Activity: Within the listing that follows, state how many lines include the word "each"; write only that number.

Exercise input:
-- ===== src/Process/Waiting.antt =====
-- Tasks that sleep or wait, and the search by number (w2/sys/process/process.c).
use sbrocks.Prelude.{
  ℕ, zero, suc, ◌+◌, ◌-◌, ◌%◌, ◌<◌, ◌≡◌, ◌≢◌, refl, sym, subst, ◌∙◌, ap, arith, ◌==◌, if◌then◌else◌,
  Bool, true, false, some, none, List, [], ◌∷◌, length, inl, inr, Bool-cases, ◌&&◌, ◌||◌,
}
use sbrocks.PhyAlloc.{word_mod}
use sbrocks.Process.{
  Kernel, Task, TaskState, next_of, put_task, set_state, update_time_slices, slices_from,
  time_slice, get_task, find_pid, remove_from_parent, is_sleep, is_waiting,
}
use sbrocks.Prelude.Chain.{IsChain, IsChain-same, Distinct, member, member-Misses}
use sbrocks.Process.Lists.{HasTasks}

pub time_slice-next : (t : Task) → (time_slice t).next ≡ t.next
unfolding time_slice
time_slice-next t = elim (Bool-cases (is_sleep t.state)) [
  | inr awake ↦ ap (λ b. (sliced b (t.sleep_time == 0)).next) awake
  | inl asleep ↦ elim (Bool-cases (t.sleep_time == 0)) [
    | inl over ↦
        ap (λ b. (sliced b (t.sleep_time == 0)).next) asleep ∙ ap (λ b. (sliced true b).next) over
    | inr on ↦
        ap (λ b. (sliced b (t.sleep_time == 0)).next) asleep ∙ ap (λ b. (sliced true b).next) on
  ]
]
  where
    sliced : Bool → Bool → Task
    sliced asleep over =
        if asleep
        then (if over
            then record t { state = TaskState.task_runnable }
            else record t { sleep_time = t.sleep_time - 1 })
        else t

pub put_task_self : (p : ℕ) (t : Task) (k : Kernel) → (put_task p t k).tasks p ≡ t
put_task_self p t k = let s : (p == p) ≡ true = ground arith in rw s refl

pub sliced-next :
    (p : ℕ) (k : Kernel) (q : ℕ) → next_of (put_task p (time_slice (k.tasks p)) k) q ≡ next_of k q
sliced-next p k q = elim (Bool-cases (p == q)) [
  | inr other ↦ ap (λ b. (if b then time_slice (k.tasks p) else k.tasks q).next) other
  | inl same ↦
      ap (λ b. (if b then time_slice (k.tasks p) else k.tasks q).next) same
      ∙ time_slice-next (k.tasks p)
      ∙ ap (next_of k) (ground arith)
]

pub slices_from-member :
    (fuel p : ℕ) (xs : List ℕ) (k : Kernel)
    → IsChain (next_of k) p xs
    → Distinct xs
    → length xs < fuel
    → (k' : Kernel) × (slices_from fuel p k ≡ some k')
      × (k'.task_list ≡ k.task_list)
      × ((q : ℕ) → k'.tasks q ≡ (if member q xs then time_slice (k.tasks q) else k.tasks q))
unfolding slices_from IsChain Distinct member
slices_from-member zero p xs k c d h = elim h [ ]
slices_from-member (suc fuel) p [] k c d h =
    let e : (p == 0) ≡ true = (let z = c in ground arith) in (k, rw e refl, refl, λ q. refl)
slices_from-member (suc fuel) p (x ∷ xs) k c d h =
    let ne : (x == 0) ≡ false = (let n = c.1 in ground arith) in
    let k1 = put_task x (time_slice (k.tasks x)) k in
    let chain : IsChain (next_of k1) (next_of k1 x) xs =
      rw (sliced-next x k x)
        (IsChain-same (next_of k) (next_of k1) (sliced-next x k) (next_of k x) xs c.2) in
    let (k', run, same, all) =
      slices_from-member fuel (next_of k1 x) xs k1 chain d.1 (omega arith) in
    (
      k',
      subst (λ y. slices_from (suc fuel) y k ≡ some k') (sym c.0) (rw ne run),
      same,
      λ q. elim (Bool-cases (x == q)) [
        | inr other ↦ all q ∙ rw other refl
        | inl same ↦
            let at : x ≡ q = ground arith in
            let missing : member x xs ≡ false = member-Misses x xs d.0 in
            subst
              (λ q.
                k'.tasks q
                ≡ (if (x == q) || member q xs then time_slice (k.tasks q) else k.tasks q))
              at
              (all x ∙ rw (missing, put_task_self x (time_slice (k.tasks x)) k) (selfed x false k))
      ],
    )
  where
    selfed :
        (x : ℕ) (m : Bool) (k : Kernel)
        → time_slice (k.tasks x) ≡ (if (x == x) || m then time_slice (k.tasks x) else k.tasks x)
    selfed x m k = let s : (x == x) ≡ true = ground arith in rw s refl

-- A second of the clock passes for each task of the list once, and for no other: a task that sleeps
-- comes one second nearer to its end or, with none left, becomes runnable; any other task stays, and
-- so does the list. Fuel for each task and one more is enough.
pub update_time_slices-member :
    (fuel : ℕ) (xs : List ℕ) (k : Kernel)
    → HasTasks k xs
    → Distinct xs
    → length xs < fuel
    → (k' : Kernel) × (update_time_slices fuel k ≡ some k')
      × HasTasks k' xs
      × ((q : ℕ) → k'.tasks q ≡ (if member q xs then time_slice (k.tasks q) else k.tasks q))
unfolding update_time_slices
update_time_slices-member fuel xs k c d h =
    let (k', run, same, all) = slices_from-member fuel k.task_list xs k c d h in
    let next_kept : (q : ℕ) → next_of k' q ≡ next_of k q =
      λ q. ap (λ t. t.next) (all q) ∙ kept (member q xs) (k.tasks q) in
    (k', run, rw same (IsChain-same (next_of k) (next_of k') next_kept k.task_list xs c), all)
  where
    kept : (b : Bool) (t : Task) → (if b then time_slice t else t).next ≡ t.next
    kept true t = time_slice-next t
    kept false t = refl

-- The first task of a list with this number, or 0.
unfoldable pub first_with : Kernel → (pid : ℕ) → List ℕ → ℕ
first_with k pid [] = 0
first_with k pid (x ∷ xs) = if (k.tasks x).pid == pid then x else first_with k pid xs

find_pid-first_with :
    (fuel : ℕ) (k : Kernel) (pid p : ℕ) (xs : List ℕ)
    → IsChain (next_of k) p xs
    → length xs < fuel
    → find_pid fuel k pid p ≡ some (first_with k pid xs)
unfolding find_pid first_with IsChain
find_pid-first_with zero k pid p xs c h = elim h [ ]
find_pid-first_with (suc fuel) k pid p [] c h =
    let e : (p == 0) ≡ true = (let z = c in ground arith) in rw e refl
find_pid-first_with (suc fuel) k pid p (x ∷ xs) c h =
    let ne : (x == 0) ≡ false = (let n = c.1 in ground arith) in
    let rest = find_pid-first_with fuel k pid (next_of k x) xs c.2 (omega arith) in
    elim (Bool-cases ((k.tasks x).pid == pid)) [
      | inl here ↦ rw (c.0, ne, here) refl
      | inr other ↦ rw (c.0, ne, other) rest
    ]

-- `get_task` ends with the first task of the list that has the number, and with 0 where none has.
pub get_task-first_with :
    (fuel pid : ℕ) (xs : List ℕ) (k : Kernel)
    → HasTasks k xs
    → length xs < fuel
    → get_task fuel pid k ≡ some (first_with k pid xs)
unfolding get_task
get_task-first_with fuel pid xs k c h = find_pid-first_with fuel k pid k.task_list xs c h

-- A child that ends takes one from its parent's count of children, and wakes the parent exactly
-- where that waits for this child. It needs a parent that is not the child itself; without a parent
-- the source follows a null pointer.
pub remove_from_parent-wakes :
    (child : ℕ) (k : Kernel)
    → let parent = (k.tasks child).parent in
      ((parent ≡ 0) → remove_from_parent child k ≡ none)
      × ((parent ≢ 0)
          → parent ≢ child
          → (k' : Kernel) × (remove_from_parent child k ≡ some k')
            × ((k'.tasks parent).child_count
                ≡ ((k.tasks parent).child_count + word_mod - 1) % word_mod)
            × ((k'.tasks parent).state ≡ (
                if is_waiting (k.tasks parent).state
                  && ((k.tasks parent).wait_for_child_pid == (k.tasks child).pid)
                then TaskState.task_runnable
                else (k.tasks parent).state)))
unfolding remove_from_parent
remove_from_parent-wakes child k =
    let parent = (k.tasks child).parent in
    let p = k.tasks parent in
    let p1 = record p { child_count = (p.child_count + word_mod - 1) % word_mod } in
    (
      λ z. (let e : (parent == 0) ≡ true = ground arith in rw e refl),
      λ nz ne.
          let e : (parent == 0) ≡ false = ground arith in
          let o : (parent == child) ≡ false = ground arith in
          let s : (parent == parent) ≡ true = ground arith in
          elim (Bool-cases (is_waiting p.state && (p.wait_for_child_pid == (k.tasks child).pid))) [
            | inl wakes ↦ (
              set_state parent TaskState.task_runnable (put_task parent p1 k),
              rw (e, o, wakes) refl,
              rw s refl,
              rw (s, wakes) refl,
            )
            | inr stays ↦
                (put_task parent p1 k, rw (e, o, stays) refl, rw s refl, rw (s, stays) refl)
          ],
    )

Answer section: 2